* Task brief: Here is the task for the records below: repeat exactly the lines from the one with "pub mod Channel" to the one with "with an error", both included, and nothing else.

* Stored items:

Start of Block

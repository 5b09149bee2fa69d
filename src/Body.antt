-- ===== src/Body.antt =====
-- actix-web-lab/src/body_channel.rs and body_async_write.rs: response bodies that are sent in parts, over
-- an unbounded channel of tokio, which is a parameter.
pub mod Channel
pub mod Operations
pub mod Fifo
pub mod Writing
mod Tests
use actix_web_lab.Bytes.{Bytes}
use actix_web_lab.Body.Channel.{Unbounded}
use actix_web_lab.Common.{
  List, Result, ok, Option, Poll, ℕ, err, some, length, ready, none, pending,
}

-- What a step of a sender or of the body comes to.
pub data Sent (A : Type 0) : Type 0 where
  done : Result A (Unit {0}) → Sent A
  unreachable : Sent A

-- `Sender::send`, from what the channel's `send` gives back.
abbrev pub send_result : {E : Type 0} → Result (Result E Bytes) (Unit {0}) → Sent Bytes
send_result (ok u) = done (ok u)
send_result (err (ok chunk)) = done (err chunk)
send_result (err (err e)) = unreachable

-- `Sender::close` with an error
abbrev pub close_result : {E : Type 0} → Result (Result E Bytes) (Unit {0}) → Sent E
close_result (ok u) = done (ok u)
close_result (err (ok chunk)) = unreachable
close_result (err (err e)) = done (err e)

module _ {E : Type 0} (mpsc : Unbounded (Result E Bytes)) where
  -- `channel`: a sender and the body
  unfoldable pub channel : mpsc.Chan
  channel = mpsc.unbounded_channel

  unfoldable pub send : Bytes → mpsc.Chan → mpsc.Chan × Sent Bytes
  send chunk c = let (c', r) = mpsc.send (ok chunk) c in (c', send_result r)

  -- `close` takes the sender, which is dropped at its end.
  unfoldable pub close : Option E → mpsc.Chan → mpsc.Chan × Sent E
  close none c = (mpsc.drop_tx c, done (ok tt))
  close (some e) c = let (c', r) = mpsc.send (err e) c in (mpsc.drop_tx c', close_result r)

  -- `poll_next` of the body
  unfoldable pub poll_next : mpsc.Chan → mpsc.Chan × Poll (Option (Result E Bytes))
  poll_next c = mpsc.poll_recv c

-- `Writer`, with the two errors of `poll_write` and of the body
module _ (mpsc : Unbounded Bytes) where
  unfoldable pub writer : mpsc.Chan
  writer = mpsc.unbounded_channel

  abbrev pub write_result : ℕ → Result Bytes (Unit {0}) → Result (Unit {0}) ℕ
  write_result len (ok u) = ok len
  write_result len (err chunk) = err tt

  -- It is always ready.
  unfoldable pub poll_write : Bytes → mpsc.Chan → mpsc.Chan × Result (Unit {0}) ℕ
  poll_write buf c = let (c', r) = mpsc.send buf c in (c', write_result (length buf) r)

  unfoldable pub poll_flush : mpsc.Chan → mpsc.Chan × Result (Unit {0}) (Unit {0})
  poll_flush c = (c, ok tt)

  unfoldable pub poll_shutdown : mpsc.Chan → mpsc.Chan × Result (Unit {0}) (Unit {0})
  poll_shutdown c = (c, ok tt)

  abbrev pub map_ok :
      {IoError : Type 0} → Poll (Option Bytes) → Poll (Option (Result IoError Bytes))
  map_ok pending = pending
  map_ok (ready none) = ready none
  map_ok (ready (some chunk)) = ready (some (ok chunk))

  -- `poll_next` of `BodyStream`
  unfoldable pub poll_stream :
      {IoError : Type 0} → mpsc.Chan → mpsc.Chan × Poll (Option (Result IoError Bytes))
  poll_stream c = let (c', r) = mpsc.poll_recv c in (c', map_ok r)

End of Block

* Answer to the exercise:
pub mod Channel
pub mod Operations
pub mod Fifo
pub mod Writing
mod Tests
use actix_web_lab.Bytes.{Bytes}
use actix_web_lab.Body.Channel.{Unbounded}
use actix_web_lab.Common.{
  List, Result, ok, Option, Poll, ℕ, err, some, length, ready, none, pending,
}

-- What a step of a sender or of the body comes to.
pub data Sent (A : Type 0) : Type 0 where
  done : Result A (Unit {0}) → Sent A
  unreachable : Sent A

-- `Sender::send`, from what the channel's `send` gives back.
abbrev pub send_result : {E : Type 0} → Result (Result E Bytes) (Unit {0}) → Sent Bytes
send_result (ok u) = done (ok u)
send_result (err (ok chunk)) = done (err chunk)
send_result (err (err e)) = unreachable

-- `Sender::close` with an error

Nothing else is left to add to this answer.